AYATSK extends TSK by using an adaptive Yager T-norm aggregation and optional positive lower-bound membership functions to improve stability and performance in high-dimensional settings.

Reference

G. Xue, Y. Yang and J. Wang, "Adaptive Yager T-Norm-Based Takagi–Sugeno–Kang Fuzzy Systems," in IEEE Transactions on Systems, Man, and Cybernetics: Systems, vol. 55, no. 12, pp. 9802-9815, Dec. 2025, doi: 10.1109/TSMC.2025.3621346.

Mathematical Formulation

Antecedent

AYATSK uses Gaussian or composite exponential membership functions for each input feature:

\[ \mu_{r,d}(x_d) = \exp\left(-\frac{(x_d - m_{r,d})^2}{2\sigma_{r,d}^2}\right) \]

The paper additionally recommends a Composite Exponential MF (CEMF) with a positive lower bound:

\[ \mu_{r,d}(x_d) = K^{-1 + \exp\left(-\frac{(x_d - c)^2}{2\sigma^2}\right)} \]

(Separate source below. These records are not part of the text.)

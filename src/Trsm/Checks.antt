-- ===== src/Trsm/Checks.antt =====
-- The checks of `_trsm`: which arguments it accepts, and what it throws.
use sycl_blas.Base.{
  ℕ, ◌+◌, ◌<◌, ◌≤◌, ◌≡◌, Bool-cases, ◌⊎◌, inl, inr, arith, ◌==◌, throw, invalid_argument, Bool,
  false, not, ◌&&◌, ◌||◌, Result,
}
use sycl_blas.Base.Scalar.{Scalar}
use sycl_blas.Container.{BufferIterator}
use sycl_blas.Views.{Store}
use sycl_blas.Executor.{Executor}
use sycl_blas.Gemm.Call.{GemmCall}
use sycl_blas.Gemm.Interface.{to_lower}
use sycl_blas.Trsm.{system_of, solve_system, trsm}

-- Either of two letters, in either case.
abbrev pub IsEither : ℕ → ℕ → ℕ → Type 0
IsEither a b ch = ((ch + 32 ≡ a) ⊎ (ch ≡ a)) ⊎ ((ch + 32 ≡ b) ⊎ (ch ≡ b))

abbrev pub IsSizes : ℕ → ℕ → ℕ → ℕ → Type 0
IsSizes m n lda ldb = (0 < m) × (0 < n) × (0 < lda) × (0 < ldb)

abbrev AreLetters : ℕ → ℕ → Type 0
AreLetters a b = (97 ≤ a) × (a ≤ 122) × (97 ≤ b) × (b ≤ 122)

neither : ℕ → ℕ → ℕ → Bool
neither a b ch = not (to_lower ch == a) && not (to_lower ch == b)

IsEither-neither : (a b ch : ℕ) → AreLetters a b → IsEither a b ch → neither a b ch ≡ false
unfolding neither to_lower
IsEither-neither a b ch r h = ground arith

neither-IsEither : (a b ch : ℕ) → AreLetters a b → neither a b ch ≡ false → IsEither a b ch
unfolding neither to_lower
neither-IsEither a b ch r h = ground arith

has_zero : ℕ → ℕ → ℕ → ℕ → Bool
has_zero m n lda ldb = m == 0 || n == 0 || lda == 0 || ldb == 0

IsSizes-has_zero : (m n lda ldb : ℕ) → IsSizes m n lda ldb → has_zero m n lda ldb ≡ false
unfolding has_zero
IsSizes-has_zero m n lda ldb h = ground arith

has_zero-IsSizes : (m n lda ldb : ℕ) → has_zero m n lda ldb ≡ false → IsSizes m n lda ldb
unfolding has_zero
has_zero-IsSizes m n lda ldb h = ground arith

module _ {ℓ} {A : Type ℓ} (s : Scalar A) (ex : Executor)
    (gemm : GemmCall A → Store A → Result (Store A)) (side uplo trans diag m n : ℕ) (alpha : A)
    (a : BufferIterator) (lda : ℕ) (b : BufferIterator) (ldb inv_a x : ℕ) (st : Store A) where
  abbrev call : Result (Store A)
  call = trsm s ex gemm side uplo trans diag m n alpha a lda b ldb inv_a x st

  -- What a call comes to, by the first argument that is not valid.
  pub data Outcome : Result (Store A) → Type ℓ where
    bad_size :
        ¬ IsSizes m n lda ldb → Outcome (throw (invalid_argument "invalid matrix size argument"))
    bad_side :
        IsSizes m n lda ldb
        → ¬ IsEither 108 114 side
        → Outcome (throw (invalid_argument "invalid Side argument"))
    bad_triangle :
        IsSizes m n lda ldb
        → IsEither 108 114 side
        → ¬ IsEither 117 108 uplo
        → Outcome (throw (invalid_argument "invalid Triangle argument"))
    bad_transpose :
        IsSizes m n lda ldb
        → IsEither 108 114 side
        → IsEither 117 108 uplo
        → ¬ IsEither 110 116 trans
        → Outcome (throw (invalid_argument "invalid Transpose argument"))
    bad_diagonal :
        IsSizes m n lda ldb
        → IsEither 108 114 side
        → IsEither 117 108 uplo
        → IsEither 110 116 trans
        → ¬ IsEither 117 110 diag
        → Outcome (throw (invalid_argument "invalid Diagonal argument"))
    accepted :
        IsSizes m n lda ldb
        → IsEither 108 114 side
        → IsEither 117 108 uplo
        → IsEither 110 116 trans
        → IsEither 117 110 diag
        → Outcome (
            solve_system s ex gemm
              (system_of
                (to_lower side)
                (to_lower uplo)
                (to_lower trans)
                (to_lower diag)
                m
                n
                alpha
                a
                lda
                b
                ldb
                inv_a
                x)
              st)

  -- `_trsm` throws for a size of zero, then for a side but l and r, then for a triangle but u and l,
  -- then for a transpose but n and t, then for a diagonal but u and n, each letter in either case and
  -- with its own message, and solves the system if all are valid.
  pub trsm_checks_lem : Outcome call
  unfolding trsm neither has_zero
  trsm_checks_lem =
      let sides : AreLetters 108 114 = (omega arith, omega arith, omega arith, omega arith) in
      let triangles : AreLetters 117 108 = (omega arith, omega arith, omega arith, omega arith) in
      let transposes : AreLetters 110 116 = (omega arith, omega arith, omega arith, omega arith) in
      let diagonals : AreLetters 117 110 = (omega arith, omega arith, omega arith, omega arith) in
      elim (Bool-cases (has_zero m n lda ldb)) [
        | inl z ↦ rw z (bad_size (λ h. cc (z, IsSizes-has_zero m n lda ldb h)))
        | inr e0 ↦
            let sizes = has_zero-IsSizes m n lda ldb e0 in
            elim (Bool-cases (neither 108 114 side)) [
              | inl z ↦
                  rw (e0, z) (bad_side sizes (λ h. cc (z, IsEither-neither 108 114 side sides h)))
              | inr e1 ↦
                  let side_ok = neither-IsEither 108 114 side sides e1 in
                  elim (Bool-cases (neither 117 108 uplo)) [
                    | inl z ↦
                        rw (e0, e1, z)
                          (bad_triangle sizes side_ok
                            (λ h. cc (z, IsEither-neither 117 108 uplo triangles h)))
                    | inr e2 ↦
                        let uplo_ok = neither-IsEither 117 108 uplo triangles e2 in
                        elim (Bool-cases (neither 110 116 trans)) [
                          | inl z ↦
                              rw (e0, e1, e2, z)
                                (bad_transpose sizes side_ok uplo_ok
                                  (λ h. cc (z, IsEither-neither 110 116 trans transposes h)))
                          | inr e3 ↦
                              let trans_ok = neither-IsEither 110 116 trans transposes e3 in
                              elim (Bool-cases (neither 117 110 diag)) [
                                | inl z ↦
                                    rw (e0, e1, e2, e3, z)
                                      (bad_diagonal sizes side_ok uplo_ok trans_ok
                                        (λ h. cc (z, IsEither-neither 117 110 diag diagonals h)))
                                | inr e4 ↦
                                    rw (e0, e1, e2, e3, e4)
                                      (accepted sizes side_ok uplo_ok trans_ok
                                        (neither-IsEither 117 110 diag diagonals e4))
                              ]
                        ]
                  ]
            ]
      ]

This lower bound is important because AYATSK derives the adaptive Yager index from a fixed minimum membership value.

Adaptive Yager T-norm

Rule firing strengths are computed with a parameterized Yager T-norm:

\[ w_r = \max\left(0,\; 1 - \left[\sum_{d=1}^{D} (1 - \mu_{r,d}(x_d))^{p_r}\right]^{1/p_r}\right) \]

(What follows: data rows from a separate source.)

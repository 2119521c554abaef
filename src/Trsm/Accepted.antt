-- ===== src/Trsm/Accepted.antt =====
-- src/interface/trsm_interface.hpp: `_trsm` with its checks, for arguments that pass them.
use sycl_blas.Base.{ℕ, ◌<◌, ◌≤◌, ◌≡◌, ◌≢◌, refl, ◌∙◌, inr, arith, Result, ok}
use sycl_blas.Base.Int.{ℤ}
use sycl_blas.Base.Scalar.{Scalar, IsExact}
use sycl_blas.Base.Matrices.{total}
use sycl_blas.Container.{BufferIterator, make_sycl_iterator_buffer}
use sycl_blas.Views.{Store}
use sycl_blas.Executor.{Executor}
use sycl_blas.Gemm.Call.{GemmCall, IsGemm}
use sycl_blas.Gemm.Interface.{to_lower}
use sycl_blas.Gemm.Interface.Scaling.{IsMatrix}
use sycl_blas.Trsm.Calls.{System}
use sycl_blas.Trsm.{system_of, solve_system, trsm}
use sycl_blas.Trsm.Steps.{equations, systems, b_at, IsApart}
use sycl_blas.Trsm.States.{triangle}
use sycl_blas.Trsm.Loops.{goes_up}
use sycl_blas.Trsm.Inverses.{HasDiagonal}
use sycl_blas.Trsm.Solution.{solve_system_lem}
use sycl_blas.Trsm.Checks.{
  IsEither, IsSizes, Outcome, bad_size, bad_side, bad_triangle, bad_transpose, bad_diagonal,
  accepted, trsm_checks_lem,
}

module _ {ℓ} {A : Type ℓ} {s : Scalar A} (exact : IsExact s)
    (add-neg : (x : A) → s.add x (s.neg x) ≡ s.zero) (ex : Executor)
    (some_items : 0 < ex.work_group_size) {run : GemmCall A → Store A → Result (Store A)}
    (gemm : IsGemm exact run) (side uplo trans diag m n : ℕ) (alpha : A) (a : BufferIterator)
    (lda : ℕ) (b : BufferIterator) (ldb inv_a x : ℕ) (st : Store A) where
  -- The system that the arguments describe.
  abbrev t : System A
  t =
      system_of (to_lower side) (to_lower uplo) (to_lower trans) (to_lower diag) m n alpha a lda b
        ldb inv_a x

  accepted_solves :
      {r : Result (Store A)}
      → Outcome s ex run side uplo trans diag m n alpha a lda b ldb inv_a x st r
      → IsSizes m n lda ldb
      → IsEither 108 114 side
      → IsEither 117 108 uplo
      → IsEither 110 116 trans
      → IsEither 117 110 diag
      → r ≡ solve_system s ex run t st
  accepted_solves (bad_size bad) sizes h₁ h₂ h₃ h₄ = absurd (bad sizes)
  accepted_solves (bad_side _ bad) sizes h₁ h₂ h₃ h₄ = absurd (bad h₁)
  accepted_solves (bad_triangle _ _ bad) sizes h₁ h₂ h₃ h₄ = absurd (bad h₂)
  accepted_solves (bad_transpose _ _ _ bad) sizes h₁ h₂ h₃ h₄ = absurd (bad h₃)
  accepted_solves (bad_diagonal _ _ _ _ bad) sizes h₁ h₂ h₃ h₄ = absurd (bad h₄)
  accepted_solves (accepted _ _ _ _ _) sizes h₁ h₂ h₃ h₄ = refl

  -- The buffer that `_trsm` makes for X holds a matrix of the shape of B.
  x-IsMatrix : m ≤ ldb → IsMatrix t.x_ m n ldb
  unfolding make_sycl_iterator_buffer
  x-IsMatrix apart = record { start = 0; at = refl; apart = apart; enough = inr (grind arith) }

  -- `_trsm` with sizes that are not zero and with valid letters, in either case, ends and leaves in B
  -- the solution of the triangular system: on the left of X the matrix `op(A)` and on the right its
  -- transpose, with zeros outside the triangle, times the solution is alpha times B of the memory
  -- before, and all other buffers of the caller are as before. This is for exact arithmetic, a
  -- `_gemm` that multiplies, work groups that are not empty, four buffers, B in its buffer with
  -- columns that do not overlap, and a diagonal of elements with reciprocals, or of ones for a unit
  -- diagonal.
  pub trsm_lem :
      IsSizes m n lda ldb
      → IsEither 108 114 side
      → IsEither 117 108 uplo
      → IsEither 110 116 trans
      → IsEither 117 110 diag
      → IsApart t
      → IsMatrix b m n ldb
      → HasDiagonal s t st
      → (out : Store A) × (trsm s ex run side uplo trans diag m n alpha a lda b ldb inv_a x st
          ≡ ok out)
        × ((row q : ℕ)
            → row < equations t.is_left t
            → q < systems t.is_left t
            → total exact
                (equations t.is_left t)
                (λ c. s.mul (triangle s t (goes_up t) st row c) (b_at t t.is_left out c q))
              ≡ s.mul alpha (b_at t t.is_left st row q))
        × ((buff : ℕ) (place : ℤ)
            → buff ≢ b.buffer.name
            → buff ≢ x
            → buff ≢ inv_a
            → out buff place ≡ st buff place)
  unfolding make_sycl_iterator_buffer
  trsm_lem sizes h₁ h₂ h₃ h₄ apart b_matrix diagonal =
      let solved =
        solve_system_lem exact add-neg ex some_items gemm t apart sizes.0 sizes.1
          (x-IsMatrix b_matrix.apart) b_matrix st diagonal in
      (
        solved.0,
        accepted_solves
              (trsm_checks_lem s ex run side uplo trans diag m n alpha a lda b ldb inv_a x st) sizes
              h₁ h₂ h₃ h₄
            ∙ solved.1,
        solved.2,
        solved.3,
      )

Each rule has its own learnable exponent \(p_r > 0\). In highFIS, this is implemented by t_norm="yager" together with YagerTNorm.

The paper’s adaptive strategy sets \(p_r\) based on input dimensionality \(D\) and a lower bound \(\varepsilon\) on the membership values. This keeps the Yager aggregation numerically stable in high dimensions while preserving T-norm properties.

Defuzzification

AYATSK uses a sum-based defuzzifier to normalize rule activations:

\[ \bar{f}_r = \frac{w_r}{\sum_{i=1}^{R} w_i} \]

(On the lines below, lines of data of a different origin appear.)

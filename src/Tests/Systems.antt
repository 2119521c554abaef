-- ===== src/Tests/Systems.antt =====
-- Triangular systems over the field of two elements, for a matrix of ones.
use sycl_blas.Base.{
  ℕ, ◌*◌, ◌<◌, ◌≡◌, ◌≢◌, refl, inl, inr, arith, Bool, true, false, not, ◌&&◌, if◌then◌else◌, Result,
  ok,
}
use sycl_blas.Base.Int.{ℤ, pos}
use sycl_blas.Base.Scalar.{Scalar, IsExact}
use sycl_blas.Base.Matrices.{total, product, identity}
use sycl_blas.Container.{BufferIterator, make_sycl_iterator_buffer}
use sycl_blas.Views.{Store, col_major}
use sycl_blas.Kernel.{launch}
use sycl_blas.Gemm.Call.{GemmCall, gemm, IsGemm}
use sycl_blas.Gemm.Interface.{to_lower}
use sycl_blas.Gemm.Interface.Scaling.{IsMatrix}
use sycl_blas.Gemm.Reference.{select_gemm, gemm-IsGemm}
use sycl_blas.Trsm.Calls.{System}
use sycl_blas.Trsm.{system_of, trsm}
use sycl_blas.Trsm.Inverter.{DiagonalBlocksInverter, inverter_eval}
use sycl_blas.Trsm.Inverter.Launch.{inverse_place}
use sycl_blas.Trsm.Inverter.Blocks.{block_triangle, inverter_launch_lem}
use sycl_blas.Trsm.Steps.{IsApart, b_at}
use sycl_blas.Trsm.States.{triangle}
use sycl_blas.Trsm.Loops.{goes_up}
use sycl_blas.Trsm.Accepted.{trsm_lem}
use sycl_blas.Trsm.Checks.{Outcome, trsm_checks_lem}
use sycl_blas.Tests.{device}

abbrev add_bits : Bool → Bool → Bool
add_bits a b = if a then not b else b

-- The field of two elements; what stands for the sign, the root and the order is not used.
abbrev bits : Scalar Bool
bits = record {
  zero = false;
  one = true;
  add = add_bits;
  mul = λ a b. a && b;
  neg = λ a. a;
  div = λ a b. a;
  sqrt = λ a. a;
  abs = λ a. a;
  below = λ a b. false;
  equal = λ a b. not (add_bits a b);
}

bits-IsExact : IsExact bits
bits-IsExact = record {
  add_assoc = λ a b c. ground arith;
  add_comm = λ a b. ground arith;
  zero-add = λ a. ground arith;
  mul_assoc = λ a b c. ground arith;
  mul_comm = λ a b. ground arith;
  one-mul = λ a. ground arith;
  zero-mul = λ a. ground arith;
  mul-add = λ a b c. ground arith;
}

bits-add-neg : (a : Bool) → add_bits a a ≡ false
bits-add-neg a = ground arith

bits_sound : (a : Bool) → not (add_bits a false) ≡ true → a ≡ false
bits_sound a h = ground arith

abbrev ones : Store Bool
ones name address = true

-- The upper triangle of a matrix of three rows, in blocks of two.
abbrev blocks_of_two : DiagonalBlocksInverter
blocks_of_two = record {
  unit_diag = false;
  upper = true;
  block_size = 2;
  a_ = record {
    data_ = record { name = 0; count = 9 };
    rows = 3;
    cols = 3;
    leading = 3;
    disp = pos 0;
    layout = col_major;
  };
  inv_a_ = record {
    data_ = record { name = 1; count = 8 };
    rows = 2;
    cols = 2;
    leading = 3;
    disp = pos 0;
    layout = col_major;
  };
}

abbrev inverse_of : ℕ → ℕ → ℕ → Bool
inverse_of block i j =
    launch (2 * 2) (inverter_eval bits blocks_of_two) ones 1
      (inverse_place bits blocks_of_two block i j)

inverter_launch_lem_example :
    (product bits-IsExact 2 (inverse_of 0) (block_triangle bits blocks_of_two 0 ones) 0 1
      ≡ identity bits-IsExact 0 1)
    × (product bits-IsExact 2 (block_triangle bits blocks_of_two 0 ones) (inverse_of 0) 0 1
        ≡ identity bits-IsExact 0 1)
inverter_launch_lem_example =
    inverter_launch_lem bits-IsExact bits-add-neg blocks_of_two 2 (omega arith) (omega arith) ones 0
      (omega arith) (λ j hj. ground arith) 0 1 (omega arith) (omega arith)

abbrev multiply : GemmCall Bool → Store Bool → Result (Store Bool)
multiply = gemm bits device (select_gemm bits device 3)

multiply-IsGemm : IsGemm bits-IsExact multiply
multiply-IsGemm = gemm-IsGemm bits-IsExact device (omega arith) bits_sound 3 (omega arith)

gemm-IsGemm_example : IsGemm bits-IsExact (gemm bits device (select_gemm bits device 3))
gemm-IsGemm_example = gemm-IsGemm bits-IsExact device (omega arith) bits_sound 3 (omega arith)

abbrev buffer_of : ℕ → ℕ → BufferIterator
buffer_of buffer_name count = record {
  offset = pos 0;
  buffer = record { name = buffer_name; get_count = count };
}

-- Twenty equations, so that there are two blocks, for three right-hand sides.
abbrev twenty : System Bool
twenty = system_of 108 108 110 110 20 3 true (buffer_of 0 400) 20 (buffer_of 1 60) 20 2 3

twenty-IsApart : IsApart twenty
unfolding make_sycl_iterator_buffer
twenty-IsApart = record {
  x_b = omega arith;
  inv_x = omega arith;
  inv_b = omega arith;
  a_x = omega arith;
  a_b = omega arith;
  a_inv = omega arith;
}

sixty-IsMatrix : IsMatrix (buffer_of 1 60) 20 3 20
sixty-IsMatrix = record { start = 0; at = refl; apart = omega arith; enough = inr (omega arith) }

trsm_lem_example :
    (out : Store Bool) × (trsm bits device multiply 76 108 78 110 20 3 true
        (buffer_of 0 400)
        20
        (buffer_of 1 60)
        20
        2
        3
        ones
      ≡ ok out)
    × ((row q : ℕ)
        → row < 20
        → q < 3
        → total bits-IsExact 20
            (λ c. triangle bits twenty (goes_up twenty) ones row c && b_at twenty true out c q)
          ≡ (true && true))
    × ((b : ℕ) (x : ℤ) → b ≢ 1 → b ≢ 3 → b ≢ 2 → out b x ≡ true)
unfolding to_lower
trsm_lem_example =
    trsm_lem bits-IsExact bits-add-neg device (omega arith) multiply-IsGemm 76 108 78 110 20 3 true
      (buffer_of 0 400) 20 (buffer_of 1 60) 20 2 3 ones
      (omega arith, omega arith, omega arith, omega arith) (inl (inl refl)) (inr (inr refl))
      (inl (inl refl)) (inr (inr refl)) twenty-IsApart sixty-IsMatrix (λ j hj. refl)

trsm_checks_lem_example :
    Outcome bits device multiply 76 117 78 120 20 3 true
      (buffer_of 0 400)
      20
      (buffer_of 1 60)
      20
      2
      3
      ones
      (trsm bits device multiply 76 117 78 120 20 3 true
        (buffer_of 0 400)
        20
        (buffer_of 1 60)
        20
        2
        3
        ones)
trsm_checks_lem_example =
    trsm_checks_lem bits device multiply 76 117 78 120 20 3 true (buffer_of 0 400) 20
      (buffer_of 1 60) 20 2 3 ones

This is implemented in highFIS by SumBasedDefuzzifier.

Consequent (first-order)

For classification:

\[ \mathbf{y}_r = W_r \mathbf{x} + \mathbf{b}_r \]

For regression:

\[ \hat{y}_r = \mathbf{w}_r^\top \mathbf{x} + b_r \]

Output aggregation

Final outputs are weighted averages of rule consequents:

Classification:

\[ \mathbf{y} = \sum_{r=1}^{R} \bar{f}_r \, \mathbf{y}_r \]

Regression:

\[ \hat{y} = \sum_{r=1}^{R} \bar{f}_r \, \hat{y}_r \]

Code ↔ Paper Correspondence

Concept	Class / Method	Notes
Adaptive Yager T-norm	`AYATSKClassifier`, `AYATSKRegressor`	Default `t_norm="yager"` in highFIS
Yager exponent \(p_r\)	`YagerTNorm`	Learnable per-rule exponent controlling softmin behavior
Sum-based defuzzification	`SumBasedDefuzzifier`	Normalizes \(\bar{f}_r\) across rules
Composite Exponential MF	`CompositeExponentialMF`	Provides a positive lower bound needed by the adaptive strategy
Estimator wrapper	`AYATSKClassifierEstimator`, `AYATSKRegressorEstimator`	Builds input MFs and handles training/hyperparameters

Implementation notes

AYATSKClassifier and AYATSKRegressor default to t_norm="yager".
The adaptive Yager index is compatible with standard Gaussian MFs, but the paper’s recommended CEMF ensures a positive lower bound and more stable high-dimensional behavior.
rule_base is typically "coco" for k-means initialization and "cartesian" for grid initialization.
AYATSKClassifierEstimator and AYATSKRegressorEstimator follow the standard highFIS estimator pattern and expose the same fitting parameters as other estimators.
The model is trained end-to-end with backpropagation; BaseTSK.fit() uses mini-batch Adam optimization with optional early stopping.

Estimator wrappers

AYATSKClassifierEstimator wraps AYATSKClassifier and supports classification with adaptive Yager aggregation.
AYATSKRegressorEstimator wraps AYATSKRegressor for regression tasks.
Estimators accept the usual hyperparameters: n_mfs, mf_init, sigma_scale, random_state, epochs, learning_rate, batch_size, shuffle, validation_data, and patience.
pfrb_max_rules exists on the shared estimator base but is unused by AYATSK.

Alignment with the paper

The paper defines AYATSK through an adaptive Yager T-norm that avoids product underflow in high dimensions.
highFIS implements the same core idea with YagerTNorm and first-order TSK consequents.
CompositeExponentialMF is available in highFIS to reflect the paper’s use of a positive lower bound membership function.
The estimator wrappers preserve the paper’s training regime of gradient-based optimization over antecedent parameters, Yager exponents, and consequent weights.